▶ _DATA SUPPLIED_
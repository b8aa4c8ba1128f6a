-- ===== src/Transactions/Signing.antt =====
-- typescript/src/SolanaTransaction.ts: keypairs and signatures. The Ed25519 functions of node's
-- `crypto` are parameters: the public key of a 32-byte seed, and the signature of a message by it.
use chancery_integration_exa.Common.{
  ℕ, ◌==◌, leb, if◌then◌else◌, true, ◌||◌, Option, none, some, List, [], ◌∷◌, length, take, drop,
  Result, ok, ◌>>=◌, ◌>>◌, guard, or_throw, seed_bytes, secret_key_length, keypair_suffix,
  seed_mismatch, missing_keypair, packet_limit, no_signatures,
}
use chancery_integration_exa.Base58.{Text, text, encode_base58, normalize_public_key}
use chancery_integration_exa.Messages.{text_equals}
use chancery_integration_exa.Transactions.{CompiledMessage, map_get, map_set, serialize_transaction}

-- `SolanaKeypair`
pub record SolanaKeypair : Type 0 where
  pub public_key : Text
  pub secret_key_seed : List ℕ

-- `SignedSolanaTransaction`
pub record SignedTransaction : Type 0 where
  pub bytes : List ℕ
  pub message : CompiledMessage
  pub signatures : List (Text × List ℕ)
  pub primary_signature : Text

module _ (public_key_of_seed : List ℕ → List ℕ) (sign_bytes : List ℕ → List ℕ → List ℕ) where
  -- `publicKeyBytesFromPrivateKey(privateKeyFromSeed(seed))`
  unfoldable pub public_key_bytes_from_seed : List ℕ → Result (List ℕ)
  public_key_bytes_from_seed seed =
      guard (length seed == 32) seed_bytes >> ok (public_key_of_seed seed)

  unfoldable pub keypair_from_secret_key_bytes : List ℕ → Result SolanaKeypair
  keypair_from_secret_key_bytes secret_key_bytes = do
    guard (length secret_key_bytes == 32 || length secret_key_bytes == 64) secret_key_length
    public_key_bytes ← public_key_bytes_from_seed (take 32 secret_key_bytes)
    guard
        (if length secret_key_bytes == 64
          then text_equals (drop 32 secret_key_bytes) public_key_bytes
          else true)
        keypair_suffix
    ok (record {
      public_key = encode_base58 public_key_bytes;
      secret_key_seed = take 32 secret_key_bytes;
    })

  unfoldable pub sign_message_with_keypair : List ℕ → SolanaKeypair → Result (List ℕ)
  sign_message_with_keypair message keypair = do
    actual ← public_key_bytes_from_seed keypair.secret_key_seed
    expected ← normalize_public_key (text keypair.public_key)
    guard (text_equals (encode_base58 actual) expected) seed_mismatch
    ok (sign_bytes keypair.secret_key_seed message)

  -- `keypairByPublicKey`
  unfoldable pub keypairs_by_public_key :
      List SolanaKeypair → List (Text × SolanaKeypair) → Result (List (Text × SolanaKeypair))
  keypairs_by_public_key [] keypairs = ok keypairs
  keypairs_by_public_key (keypair ∷ more) keypairs = do
    key ← normalize_public_key (text keypair.public_key)
    keypairs_by_public_key more (map_set keypairs key keypair)

  -- The loop over the signers: their signatures in order.
  unfoldable pub signatures_of :
      List ℕ → List (Text × SolanaKeypair) → List Text → Result (List (Text × List ℕ))
  signatures_of message keypairs [] = ok []
  signatures_of message keypairs (signer ∷ signers) = do
    keypair ← or_throw missing_keypair (map_get keypairs signer)
    signature ← sign_message_with_keypair message keypair
    others ← signatures_of message keypairs signers
    ok ((signer, signature) ∷ others)

  unfoldable pub signature_list : List (Text × List ℕ) → List (List ℕ)
  signature_list [] = []
  signature_list ((signer, signature) ∷ others) = signature ∷ signature_list others

  -- `signatureRecord`
  unfoldable pub signature_record :
      List (Text × List ℕ) → List (Text × List ℕ) → List (Text × List ℕ)
  signature_record [] signatures = signatures
  signature_record ((signer, signature) ∷ others) signatures =
      signature_record others (map_set signatures signer signature)

  -- `signatureBytes[0]`
  unfoldable pub first_signature : List (List ℕ) → Option (List ℕ)
  first_signature [] = none
  first_signature (signature ∷ signatures) = some signature

  unfoldable pub sign_solana_transaction :
      CompiledMessage → List SolanaKeypair → Result SignedTransaction
  sign_solana_transaction message keypairs = do
    by_key ← keypairs_by_public_key keypairs []
    signed ← signatures_of message.bytes by_key message.signer_addresses
    bytes ← serialize_transaction message.bytes (signature_list signed)
    guard (leb (length bytes) 1232) packet_limit
    first ← or_throw no_signatures (first_signature (signature_list signed))
    ok (record {
      bytes = bytes;
      message = message;
      signatures = signature_record signed [];
      primary_signature = encode_base58 first;
    })
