-- ===== src/Netstack/Network.antt =====
-- The virtual network: names and addresses of the published services. crates/medium-netstack/src/lib.rs.
-- A Rust string is here the list of its characters. What `char::to_lowercase` does with a character
-- is a parameter; a `BTreeMap` is the list of what was inserted into it, the latest first.
use medium.Common.{
  ℕ, suc, ◌+◌, ◌%◌, ◌^◌, Bool, true, false, not, ◌&&◌, ◌||◌, List, [], ◌∷◌, ◌++◌, map, Option, none,
  some, Bytes, codes, bytes_eq, length, get_elem?, ltb, leb, ◌==◌, if◌then◌else◌, Result, ok, err,
  ◌>>=◌,
}

abbrev pub Text : Type 0
Text = List ℕ

abbrev pub Ipv4Address : Type 0
Ipv4Address = Bytes

pub record PublishedService : Type 0 where
  pub id : Text
  pub label : Option Text
  pub kind : Text

pub record VirtualService : Type 0 where
  pub id : Text
  pub hostname : Text
  pub addr : Ipv4Address
  pub kind : Text

pub record VirtualNetwork : Type 0 where
  pub client_addr : Ipv4Address
  pub dns_addr : Ipv4Address
  pub prefix_len : ℕ
  pub services : List VirtualService
  pub by_hostname : List (Text × ℕ)
  pub by_addr : List (Ipv4Address × ℕ)

pub data NetworkError : Type 0 where
  too_many_services index_too_large outside_subnet : NetworkError

-- `BTreeMap::get`.
unfoldable pub lookup : Bytes → List (Bytes × ℕ) → Option ℕ
lookup k [] = none
lookup k ((l, v) ∷ m) = if bytes_eq l k then some v else lookup k m

unfoldable pub is_ascii_alphanumeric : ℕ → Bool
is_ascii_alphanumeric c =
    (leb 48 c && leb c 57) || (leb 65 c && leb c 90) || (leb 97 c && leb c 122)

abbrev pub dash : ℕ
dash = 45

abbrev pub dot : ℕ
dot = 46

abbrev pub keep_char : ℕ → ℕ → Text → Text
keep_char c x [] = if x == c then [] else x ∷ []
keep_char c x (y ∷ ys) = x ∷ y ∷ ys

-- A text without the characters `c` at its end: `trim_end_matches`, and the loop that pops dashes.
unfoldable pub trim_end : ℕ → Text → Text
trim_end c [] = []
trim_end c (x ∷ xs) = keep_char c x (trim_end c xs)

abbrev pub is_empty : Text → Bool
is_empty [] = true
is_empty (x ∷ xs) = false

-- One character of `service_hostname`: the text so far, and `last_dash`.
unfoldable pub push_char : ℕ → Text × Bool → Text × Bool
push_char c (out, last_dash) =
    if is_ascii_alphanumeric c
    then (out ++ c ∷ [], false)
    else if not last_dash && not (is_empty out)
    then (out ++ dash ∷ [], true)
    else (out, last_dash)

unfoldable pub push_chars : Text → Text × Bool → Text × Bool
push_chars [] s = s
push_chars (c ∷ cs) s = push_chars cs (push_char c s)

unfoldable pub lower_chars : (ℕ → Text) → Text → Text
lower_chars to_lowercase [] = []
lower_chars to_lowercase (c ∷ cs) = to_lowercase c ++ lower_chars to_lowercase cs

abbrev pub or_service : Text → Text
or_service [] = codes "service"
or_service (x ∷ xs) = x ∷ xs

unfoldable pub host_label : (ℕ → Text) → Text → Text
host_label to_lowercase value =
    or_service (trim_end dash (push_chars (lower_chars to_lowercase value) ([], false)).0)

unfoldable pub service_hostname : (ℕ → Text) → Text → Text
service_hostname to_lowercase value = host_label to_lowercase value ++ codes ".medium"

unfoldable pub service_addr : ℕ → Result NetworkError Ipv4Address
service_addr index =
    if ltb 65535 index
    then err index_too_large
    else (let host = (10 + index) % 2 ^ 16 in
        if ltb 254 host then err outside_subnet else ok (10 ∷ 88 ∷ 0 ∷ host % 256 ∷ []))

abbrev unwrap_or : Option Text → Text → Text
unwrap_or none d = d
unwrap_or (some t) d = t

-- What the loop of `VirtualNetwork::new` does with a service that has an address.
unfoldable pub add_service :
    (ℕ → Text) → PublishedService → Ipv4Address → VirtualNetwork → VirtualNetwork
add_service to_lowercase s addr n =
    let hostname = service_hostname to_lowercase (unwrap_or s.label s.id) in
    record n {
      services =
          n.services ++ record { id = s.id; hostname = hostname; addr = addr; kind = s.kind } ∷ [];
      by_hostname = (hostname, length n.services) ∷ n.by_hostname;
      by_addr = (addr, length n.services) ∷ n.by_addr;
    }

unfoldable pub add_services :
    (ℕ → Text) → ℕ → List PublishedService → VirtualNetwork → Result NetworkError VirtualNetwork
add_services to_lowercase index [] n = ok n
add_services to_lowercase index (s ∷ ss) n =
    if ltb 200 index
    then err too_many_services
    else (service_addr index >>= λ addr.
        add_services to_lowercase (suc index) ss (add_service to_lowercase s addr n))

abbrev pub empty_network : VirtualNetwork
empty_network = record {
  client_addr = 10 ∷ 88 ∷ 0 ∷ 2 ∷ [];
  dns_addr = 10 ∷ 88 ∷ 0 ∷ 1 ∷ [];
  prefix_len = 24;
  services = [];
  by_hostname = [];
  by_addr = [];
}

unfoldable pub new_network : (ℕ → Text) → List PublishedService → Result NetworkError VirtualNetwork
new_network to_lowercase services = add_services to_lowercase 0 services empty_network

-- `and_then(|index| self.services.get(*index))`.
abbrev pub service_at : VirtualNetwork → Option ℕ → Option VirtualService
service_at n none = none
service_at n (some i) = get_elem? n.services i

unfoldable pub to_ascii_lowercase : ℕ → ℕ
to_ascii_lowercase c = if leb 65 c && leb c 90 then c + 32 else c

-- The form of a name in which the network looks it up.
unfoldable pub normalized : Text → Text
normalized hostname = map to_ascii_lowercase (trim_end dot hostname)

unfoldable pub resolve_hostname : VirtualNetwork → Text → Option VirtualService
resolve_hostname n hostname = service_at n (lookup (normalized hostname) n.by_hostname)

unfoldable pub service_for_addr : VirtualNetwork → Ipv4Address → Option VirtualService
service_for_addr n addr = service_at n (lookup addr n.by_addr)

▶ _GOAL OF THE EXERCISE_
When a line in the listing above holds the word "characters", copy it.

▶ _RESULT OF THE TASK_
-- A Rust string is here the list of its characters. What `char::to_lowercase` does with a character
-- A text without the characters `c` at its end: `trim_end_matches`, and the loop that pops dashes.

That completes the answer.